Remove taxanomies from Hugo sitemap

Most blogging systems offer a way to create user-defined groupings of content called taxanomies. While I like the feature, I do not want them showing in search engines.

Update

2017-09-10: After migrating to use GitLab CI for building and publishing, I now use XMLStarlet in GitLab CI to achieve the same outcome.

Motivation

When I was using WordPress, it was easy to find a plugin that can omit taxanomies from appearing in sitemap. With Hugo, I could not find a way to disable these from showing up on search engines. I also found that in some cases, the taxanomy links were ranked higher than the actual content page. Since my posts and pages are already indexed, there is no value in having taxanomies indexed so I had to remove them. One of the ways is by adding a post-build step.

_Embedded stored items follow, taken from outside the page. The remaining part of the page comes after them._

-- ===== src/Schedule/Order/Pick/Growth.antt =====
-- The pick of src/schedule/scheduler/memory_aware.rs, by the bytes that a kernel adds and frees.
use my_nn_engine.Prelude.{
  ℕ, ◌+◌, ◌≤◌, ◌≡◌, refl, subst, inl, inr, Bool, true, false, List, [], ◌∷◌, Option, none, some,
  All, get_elem?, map, sum, ◌==◌, if◌then◌else◌, arith, Bool-cases,
}
use my_nn_engine.Schedule.Ir.{ValueId, KernelId}
use my_nn_engine.Schedule.Kernels.{Schedule, Kernel, flatten, contains, value_byte_size}
use my_nn_engine.Schedule.Deps.{lookup}
use my_nn_engine.Schedule.Order.Pick.{
  Score, remaining, added, freed, score, pick_best, IsScored, IsLeast, earlier, pick_best-Least,
}

-- The bytes of a value, 0 where it has no size, and of the values of a list.
abbrev pub or_zero : Option ℕ → ℕ
or_zero none = 0
or_zero (some n) = n

abbrev pub bytes : Schedule → ValueId → ℕ
bytes schedule v = or_zero (value_byte_size schedule v)

abbrev pub total : Schedule → List ValueId → ℕ
total schedule vs = sum (map (λ v. bytes schedule v) vs)

-- Whether one use of the value is left, and the values of which that is true.
abbrev pub has_one_use : List (ValueId × ℕ) → ValueId → Bool
has_one_use uses v = elim (lookup v uses) [ none ↦ false | some n ↦ n == 1 ]

abbrev pub last_uses : List (ValueId × ℕ) → List ValueId → List ValueId
last_uses uses [] = []
last_uses uses (v ∷ vs) = if has_one_use uses v then v ∷ last_uses uses vs else last_uses uses vs

-- The bytes of the outputs of a kernel, and those of the inputs whose last use it is.
abbrev pub outputs_of : Option Kernel → List ValueId
outputs_of none = []
outputs_of (some kernel) = kernel.outputs

abbrev pub inputs_of : Option Kernel → List ValueId
inputs_of none = []
inputs_of (some kernel) = flatten kernel.inputs

abbrev pub adds : Schedule → KernelId → ℕ
adds schedule kid = total schedule (outputs_of (get_elem? schedule.kernels kid))

abbrev pub frees : Schedule → List (ValueId × ℕ) → KernelId → ℕ
frees schedule uses kid =
    total schedule (last_uses uses (inputs_of (get_elem? schedule.kernels kid)))

abbrev pub IsSized : Schedule → ValueId → Type 0
IsSized schedule v = (n : ℕ) × (value_byte_size schedule v ≡ some n)

-- The kernel is there, and its values have sizes.
pub record HasSizes (schedule : Schedule) (kid : KernelId) : Type 0 where
  pub kernel : Kernel
  pub here : get_elem? schedule.kernels kid ≡ some kernel
  pub outputs : All (IsSized schedule) kernel.outputs
  pub inputs : All (IsSized schedule) (flatten kernel.inputs)

-- The first kernel leaves no more bytes allocated than the second, and has the smaller id if it leaves
-- as many.
abbrev pub IsNoWorse : Schedule → List (ValueId × ℕ) → KernelId → KernelId → Type 0
IsNoWorse schedule uses kid k =
    (adds schedule kid + frees schedule uses k ≤ adds schedule k + frees schedule uses kid)
    × (adds schedule kid + frees schedule uses k ≡ adds schedule k + frees schedule uses kid
        → kid ≤ k)

-- What is picked from the ready set.
abbrev pub IsBest : Schedule → List (ValueId × ℕ) → List KernelId → Option KernelId → Type 0
IsBest schedule uses ready none = ready ≡ []
IsBest schedule uses ready (some kid) =
    (contains ready kid ≡ true)
    × ((k : KernelId) → contains ready k ≡ true → IsNoWorse schedule uses kid k)

module _ (schedule : Schedule) where
  added-total :
      (vs : List ValueId) → All (IsSized schedule) vs → added schedule vs ≡ some (total schedule vs)
  unfolding added
  added-total [] h = refl
  added-total (v ∷ vs) h =
      let sized = h.0.1 in let rest = added-total vs h.1 in rw (sized, rest) refl

  module _ (uses : List (ValueId × ℕ)) where
    remaining-has_one_use : (v : ValueId) → (remaining uses v == 1) ≡ has_one_use uses v
    remaining-has_one_use v = ground arith

    freed-total :
        (vs : List ValueId)
        → All (IsSized schedule) vs
        → freed schedule uses vs ≡ some (total schedule (last_uses uses vs))
    unfolding freed
    freed-total [] h = refl
    freed-total (v ∷ vs) h =
        let sized = h.0.1 in
        let rest = freed-total vs h.1 in
        let same = remaining-has_one_use v in
        elim (Bool-cases (has_one_use uses v)) [
          | inl x ↦ let y : (remaining uses v == 1) ≡ true = cc in rw (y, x, sized, rest) refl
          | inr x ↦ let y : (remaining uses v == 1) ≡ false = cc in rw (y, x, rest) refl
        ]

    score-total :
        (kid : KernelId)
        → HasSizes schedule kid
        → score schedule uses kid ≡ some (adds schedule kid, frees schedule uses kid)
    unfolding score
    score-total kid h =
        let plus = added-total h.kernel.outputs h.outputs in
        let minus = freed-total (flatten h.kernel.inputs) h.inputs in rw (h.here, plus, minus) refl

    same-score : {o : Option Score} {s t : Score} → o ≡ some s → o ≡ some t → s ≡ t
    same-score e f = cc

    All-IsScored :
        (ready : List KernelId) → All (HasSizes schedule) ready → All (IsScored schedule uses) ready
    All-IsScored [] h = tt
    All-IsScored (kid ∷ ready) h = (
      ((adds schedule kid, frees schedule uses kid), score-total kid h.0),
      All-IsScored ready h.1,
    )

    All-at :
        (ready : List KernelId) (k : KernelId)
        → All (HasSizes schedule) ready
        → contains ready k ≡ true
        → HasSizes schedule k
    All-at [] k h c = cc
    All-at (kid ∷ ready) k h c = elim (Bool-cases (kid == k)) [
      | inl x ↦ let same : kid ≡ k = ground arith in subst (HasSizes schedule) same h.0
      | inr x ↦ All-at ready k h.1 (rw (x) at c)
    ]

    All-IsBest :
        (ready : List KernelId) (best : Option KernelId)
        → All (HasSizes schedule) ready
        → IsLeast schedule uses ready best
        → IsBest schedule uses ready best
    All-IsBest ready none sizes h = h
    All-IsBest ready (some kid) sizes (t, h) =
        let scored = score-total kid (All-at ready kid sizes h.there) in
        let at_kid : t ≡ (adds schedule kid, frees schedule uses kid) =
          same-score h.scored scored in
        (
          h.there,
          λ k c.
              let least =
                h.least k (adds schedule k, frees schedule uses k) c
                  (score-total k (All-at ready k sizes c)) in
              let here : earlier (adds schedule k, frees schedule uses k) k
                    (adds schedule kid, frees schedule uses kid) kid
                  ≡ false =
                rw (at_kid) at least in
              ground arith,
        )

-- If every ready kernel is a kernel of the schedule whose outputs and inputs have sizes,
-- `pick_best` returns: none exactly when no kernel is ready, and otherwise a ready kernel that is
-- no worse than any ready kernel. The bytes of its outputs less the bytes of those inputs of
-- which one use is left are no more than those of the other, and if they are as many, its id is
-- no larger.
pub pick_best-IsBest :
    (schedule : Schedule) (uses : List (ValueId × ℕ)) (ready : List KernelId)
    → All (HasSizes schedule) ready
    → (best : Option KernelId) × (pick_best schedule uses ready ≡ some best)
      × IsBest schedule uses ready best
pick_best-IsBest schedule uses ready sizes =
    let (best, runs, least) =
      pick_best-Least schedule uses ready (All-IsScored schedule uses ready sizes) in
    (best, runs, All-IsBest schedule uses ready best sizes least)
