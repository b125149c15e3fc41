-- ===== src/Schedule/Order/Tests.antt =====
-- The dependencies and the order of three kernels.
use my_nn_engine.Prelude.{
  All, Option, zero, suc, ◌≤◌, ◌<◌, ◌≡◌, refl, true, [], ◌∷◌, none, some, arith,
}
use my_nn_engine.Tensor.Types.{float, f32, storage_num_elements}
use my_nn_engine.Schedule.Ir.{KernelId}
use my_nn_engine.Schedule.Order.Pick.{pick_best, best_of, score, added, freed}
use my_nn_engine.Graph.Operator.{relu}
use my_nn_engine.Schedule.Kernels.{opaque, Schedule, contains, value_byte_size}
use my_nn_engine.Schedule.Deps.{
  Deps, new, link_all, link_inputs, link, insert_at, count_use, produce_all, produce,
}
use my_nn_engine.Schedule.Order.Pick.Growth.{HasSizes, IsBest, pick_best-IsBest}
use my_nn_engine.Schedule.Deps.Complete.{IsComplete, new-IsComplete}
use my_nn_engine.Schedule.Order.{Order, start, zeros_from, round, advance, Run, begin, next}
use my_nn_engine.Schedule.Order.Topological.{preds_of, IsTopological}
use my_nn_engine.Schedule.Order.Outcome.{Run-IsTopological, Run-all_done}

-- The second kernel reads the first one's value, the third one those of both.
abbrev sample : Schedule
sample = record {
  inputs = [];
  outputs = [];
  initializers = [];
  session_states = [];
  kernels =
      record { inputs = []; outputs = 10 ∷ []; body = opaque relu }
      ∷ record { inputs = some 10 ∷ none ∷ []; outputs = 11 ∷ []; body = opaque relu }
      ∷ record { inputs = some 11 ∷ some 10 ∷ []; outputs = 12 ∷ []; body = opaque relu }
      ∷ [];
  types = [];
}

abbrev sample_deps : Deps
sample_deps = record {
  value2producer = (12, 2) ∷ (11, 1) ∷ (10, 0) ∷ [];
  value_uses_count = (10, 2) ∷ (11, 1) ∷ [];
  kernel_preds = [] ∷ (0 ∷ []) ∷ (0 ∷ 1 ∷ []) ∷ [];
  kernel_consumers = (2 ∷ 1 ∷ []) ∷ (2 ∷ []) ∷ [] ∷ [];
}

sample-new : new sample ≡ some sample_deps
unfolding new link_all link_inputs link insert_at count_use produce_all produce
sample-new = refl

-- After the first and the second kernel, the third one is ready.
abbrev sample_order : Order
sample_order = record { kernel_pending = 0 ∷ 0 ∷ 0 ∷ []; ready = 2 ∷ [] }

abbrev sample_end : Order
sample_end = record { kernel_pending = 0 ∷ 0 ∷ 0 ∷ []; ready = [] }

sample-Run : Run sample_deps (1 ∷ 0 ∷ []) sample_order
unfolding start zeros_from round advance
sample-Run =
    next {order = record { kernel_pending = 0 ∷ 0 ∷ 1 ∷ []; ready = 1 ∷ [] }} 1
      (next {order = start sample_deps} 0 begin refl refl) refl refl

whole-Run : Run sample_deps (2 ∷ 1 ∷ 0 ∷ []) sample_end
unfolding round advance
whole-Run = next 2 sample-Run refl refl

new-IsComplete_example : (deps : Deps) × (new sample ≡ some deps) × IsComplete sample deps
new-IsComplete_example = new-IsComplete sample

Run-IsTopological_example :
    IsTopological 3 sample_deps (1 ∷ 0 ∷ [])
    × (2 ≤ 3)
    × ((kid : KernelId)
        → contains (2 ∷ []) kid ≡ true
        → (after : Order) × (round sample_deps kid sample_order ≡ some after))
Run-IsTopological_example =
    Run-IsTopological sample sample_deps sample-new (1 ∷ 0 ∷ []) sample_order sample-Run

sample_falls : (i j : KernelId) → contains (preds_of sample_deps i) j ≡ true → j < i
sample_falls zero j h = cc
sample_falls (suc zero) j h = ground arith
sample_falls (suc (suc zero)) j h = ground arith
sample_falls (suc (suc (suc i))) j h = cc

Run-all_done_example : contains (2 ∷ 1 ∷ 0 ∷ []) 1 ≡ true
Run-all_done_example =
    Run-all_done sample sample_deps sample-new (2 ∷ 1 ∷ 0 ∷ []) sample_end whole-Run (λ k. k)
      sample_falls refl 1 (omega arith)

-- A kernel that adds 40 bytes, and one that frees them.
abbrev two_ready : Schedule
two_ready = record {
  inputs = [];
  outputs = [];
  initializers = [];
  session_states = [];
  kernels =
      record { inputs = []; outputs = 0 ∷ []; body = opaque relu }
      ∷ record { inputs = some 0 ∷ []; outputs = []; body = opaque relu }
      ∷ [];
  types = some (record { elem_type = float f32; dims = 10 ∷ []; stride = 1 ∷ [] }) ∷ [];
}

two_ready-HasSizes : All (HasSizes two_ready) (0 ∷ 1 ∷ [])
unfolding value_byte_size storage_num_elements
two_ready-HasSizes = (
  record {
    kernel = record { inputs = []; outputs = 0 ∷ []; body = opaque relu };
    here = refl;
    outputs = ((40, refl), tt);
    inputs = tt;
  },
  (
    record {
      kernel = record { inputs = some 0 ∷ []; outputs = []; body = opaque relu };
      here = refl;
      outputs = tt;
      inputs = ((40, refl), tt);
    },
    tt,
  ),
)

pick_best-IsBest_example :
    (best : Option KernelId) × (pick_best two_ready ((0, 1) ∷ []) (0 ∷ 1 ∷ []) ≡ some best)
    × IsBest two_ready ((0, 1) ∷ []) (0 ∷ 1 ∷ []) best
pick_best-IsBest_example = pick_best-IsBest two_ready ((0, 1) ∷ []) (0 ∷ 1 ∷ []) two_ready-HasSizes

-- The kernel that frees is picked.
frees_first : pick_best two_ready ((0, 1) ∷ []) (0 ∷ 1 ∷ []) ≡ some (some 1)
unfolding pick_best best_of score added freed value_byte_size storage_num_elements
frees_first = refl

Before adding post-build step

My batch file for generating public output folder on Hugo was:

rd /s /q public
md public
hugo.exe

The above cleans the output folder, recreates and finally publishes into it. You may not like the idea of deleting and recreating the public folder. The first two lines are optional.

Adding post-build step

I coded a simple Powershell script that cleanses the sitemap.xml file of taxanomies.

[xml]$xml = Get-Content public\sitemap.xml

$ns = New-Object System.Xml.XmlNamespaceManager($xml.NameTable)
$ns.AddNamespace("ns", $xml.DocumentElement.NamespaceURI)

$xpathSelectCriterion = "//ns:url[contains(ns:loc, '/categories/') or contains(ns:loc, '/tags/')]"

$node = $xml.SelectSingleNode($xpathSelectCriterion, $ns)
while ($node -ne $null) {
    $node.ParentNode.RemoveChild($node)
    $node = $xml.SelectSingleNode($xpathSelectCriterion, $ns)
}

$xml.save("public\sitemap.xml")

Then added a line at the end of my batch file to call the script above:

rd /s /q public
md public
hugo.exe
powershell -noexit "& "".\clean-sitemap.ps1"""

Why Powershell

I tried and found Windows batch commands too cumbersome. In the end I needed to achieve the results required using the shortest possible time and using an interpreted language so that I do not have to upload binary files into source control.

Robots.txt

You need to tell search bots that crawling categories and tags taxanomies are disallowed.

User-agent: *
Disallow: /categories/
Disallow: /tags/
Sitemap: https://www.leowkahman.com/sitemap.xml

Remember to point the Sitemap line to your sitemap.xml.

Results

I had to wait a few days for Google to recrawl and purge the taxanomies. To verify that Google has removed the taxanomies from search result, search for site:www.leowkahman.com. They should disappear. You need to replace the domain with yours of course.